KDE wordt geleverd met een webbrowser genaamd Konqueror die niet onder doet voor de andere bestaande webbrowsers op UNIX® systemen. Meer informatie over KDE staat op de KDE website. Voor FreeBSD specifieke informatie en bronnen over KDE is er de website KDE/FreeBSD initiatief.

Er zijn twee versies van KDE beschikbaar op FreeBSD. Versie 3 is sinds lange tijd aanwezig en is nog steeds beschikbaar in de Portscollectie alhoewel het nu onbeheerd en gedeeltelijk kapot is. Versie 4 wordt punctueel bijgewerkt en is de standaardkeuze voor gebruikers van KDE. Ze kunnen zelfs naast elkaar worden geïnstalleerd.

6.7.2.2. KDE installeren

Net als bij GNOME of iedere andere bureaubladomgeving kan de software eenvoudig geïnstalleerd met een pakket of uit de Portscollectie:

Om het KDE 3 pakket van het netwerk te installeren:

# pkg_add -r kde

Om het KDE 4 pakket van het netwerk te installeren:

# pkg_add -r kde4

pkg_add(1) haalt automatisch de laatste versie van de applicatie op.

Om KDE 3 vanuit de Portscollectie te bouwen en te installeren:

# cd /usr/ports/x11/kde3
# make install clean

Gebruik de Portscollectie om KDE 4 vanuit de broncode te bouwen:

# cd /usr/ports/x11/kde4
# make install clean

Nadat KDE geïnstalleerd is, moet de X server verteld worden dat déze applicatie gestart moet worden in plaats van de standaard window manager. Hiervoor kan .xinitrc aangepast worden:

Voor KDE 3:

% echo "exec startkde" > ~/.xinitrc

Voor KDE 4:

% echo "exec /usr/local/kde4/bin/startkde" > ~/.xinitrc

Als het X Window System wordt gestart met startx is KDE het bureaublad.

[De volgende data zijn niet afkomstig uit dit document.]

-- ===== src/Contracts/Chain/Cache.antt =====
-- The cache of the contracts that are known.
use indexd.Base.{
  ℕ, ◌≡◌, refl, sym, ap, ◌∙◌, Bool, true, false, Option, none, some, ◌==◌, arith, Bool-cases, inl,
  inr, ==_iff,
}
use indexd.Base.Outcome.{ok, ok_inj, value_of}
use indexd.Base.Update.{update}
use indexd.Contracts.ChainTx.{UpdateTx, is_some}
use indexd.Contracts.Chain.{CachedTx, recall, remember, is_known}

module _ {S Err : Type 0} (ops : UpdateTx S Err) (v2_renewal_id : ℕ → ℕ) (known : ℕ → Bool) where
  open ops use {row_of}

  -- The rows are those of the known contracts, and the cache says no other.
  abbrev pub Sound : CachedTx S → Type 0
  Sound tx =
      (k : ℕ)
      → (is_some (row_of tx.db k) ≡ known k)
        × ((b : Bool) → tx.known_contracts k ≡ some b → b ≡ known k)

  found_here :
      (m : ℕ → Option Bool) (fcid k : ℕ) (c d : Bool)
      → (k == fcid) ≡ true
      → update m fcid (some c) k ≡ some d
      → c ≡ d
  found_here m fcid k c d same hit = ground arith

  found_other :
      (m : ℕ → Option Bool) (fcid k : ℕ) (c : Bool)
      → (k == fcid) ≡ false
      → update m fcid (some c) k ≡ m k
  found_other m fcid k c other = rw other

  remembered :
      (m : ℕ → Option Bool) (fcid k : ℕ) (c d : Bool)
      → c ≡ known fcid
      → ((b : Bool) → m k ≡ some b → b ≡ known k)
      → update m fcid (some c) k ≡ some d
      → d ≡ known k
  remembered m fcid k c d truth others hit = elim (Bool-cases (k == fcid)) [
    | inl same ↦
        let here : k ≡ fcid = (==_iff k fcid).0 same in
        cc (here, truth, found_here m fcid k c d same hit)
    | inr other ↦ others d (sym (found_other m fcid k c other) ∙ hit)
  ]

  recall_lem :
      (tx : CachedTx S) (fcid : ℕ) (cached : Option Bool) (b : Bool) (after : CachedTx S)
      → tx.known_contracts fcid ≡ cached
      → Sound tx
      → recall ops v2_renewal_id tx fcid cached ≡ ok (b, after)
      → (b ≡ known fcid) × (after.db ≡ tx.db) × Sound after
  unfolding recall remember
  recall_lem tx fcid (some c) b after found sound went =
      let same = ok_inj went in
      let answer : c ≡ b = ap (λ r. r.0) same in
      let there : tx ≡ after = ap (λ r. r.1) same in
      rw (← there, ← answer) ((sound fcid).1 c found, refl, sound)
  recall_lem tx fcid none b after found sound went =
      let (c, asked, rest) =
        value_of (λ c. ok (remember ops v2_renewal_id tx fcid c)) (ops.is_known_contract tx.db fcid)
          went in
      let same = ok_inj rest in
      let answer : c ≡ b = ap (λ r. r.0) same in
      let there = ap (λ r. r.1) same in
      let truth : c ≡ known fcid = ops.known tx.db fcid c asked ∙ (sound fcid).0 in
      rw (← there, ← answer)
        (
          truth,
          refl,
          λ k. ((sound k).0, λ d. remembered tx.known_contracts fcid k c d truth (sound k).1),
        )

  pub is_known_lem :
      (tx : CachedTx S) (fcid : ℕ) (b : Bool) (after : CachedTx S)
      → Sound tx
      → is_known ops v2_renewal_id tx fcid ≡ ok (b, after)
      → (b ≡ known fcid) × (after.db ≡ tx.db) × Sound after
  unfolding is_known
  is_known_lem tx fcid b after sound went =
      recall_lem tx fcid (tx.known_contracts fcid) b after refl sound went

Als er een beeldschermmanager als XDM gebruikt wordt, is de instelling anders. Dan moet .xsession gewijzigd worden. Instructies voor KDM worden later in dit hoofdstuk beschreven.

6.7.3. Meer KDE details

Nadat KDE geïnstalleerd is op een systeem, kunnen de meeste dingen uitgezocht worden via de hulppagina’s of door de verschillende menu’s aan te wijzen en erop te klikken. Windows® en Mac® gebruikers voelen zich meestal helemaal thuis.

Het beste naslagwerk voor KDE is de on-line documentatie. KDE heeft zijn eigen web browser, Konqueror, tientallen handige applicaties en uitgebreide documentatie. De volgende paragrafen beschrijven de technische zaken die moeilijk proefondervindelijk te achterhalen zijn.

6.7.3.1. De KDE beeldschermmanager

Een beheerder van een multi-user systeem die een grafisch aanmeldscherm willen hebben voor zijn gebruikers kan hiervoor XDM gebruiken, zoals eerder beschreven. KDE biedt KDM als alternatief. Dat is ontworpen met een beter uiterlijk en heeft meer aanmeldopties. Gebruikers kunnen via een menu kiezen welke bureaubladomgeving (KDE, GNOME of een andere) zij na het aanmelden willen gebruiken.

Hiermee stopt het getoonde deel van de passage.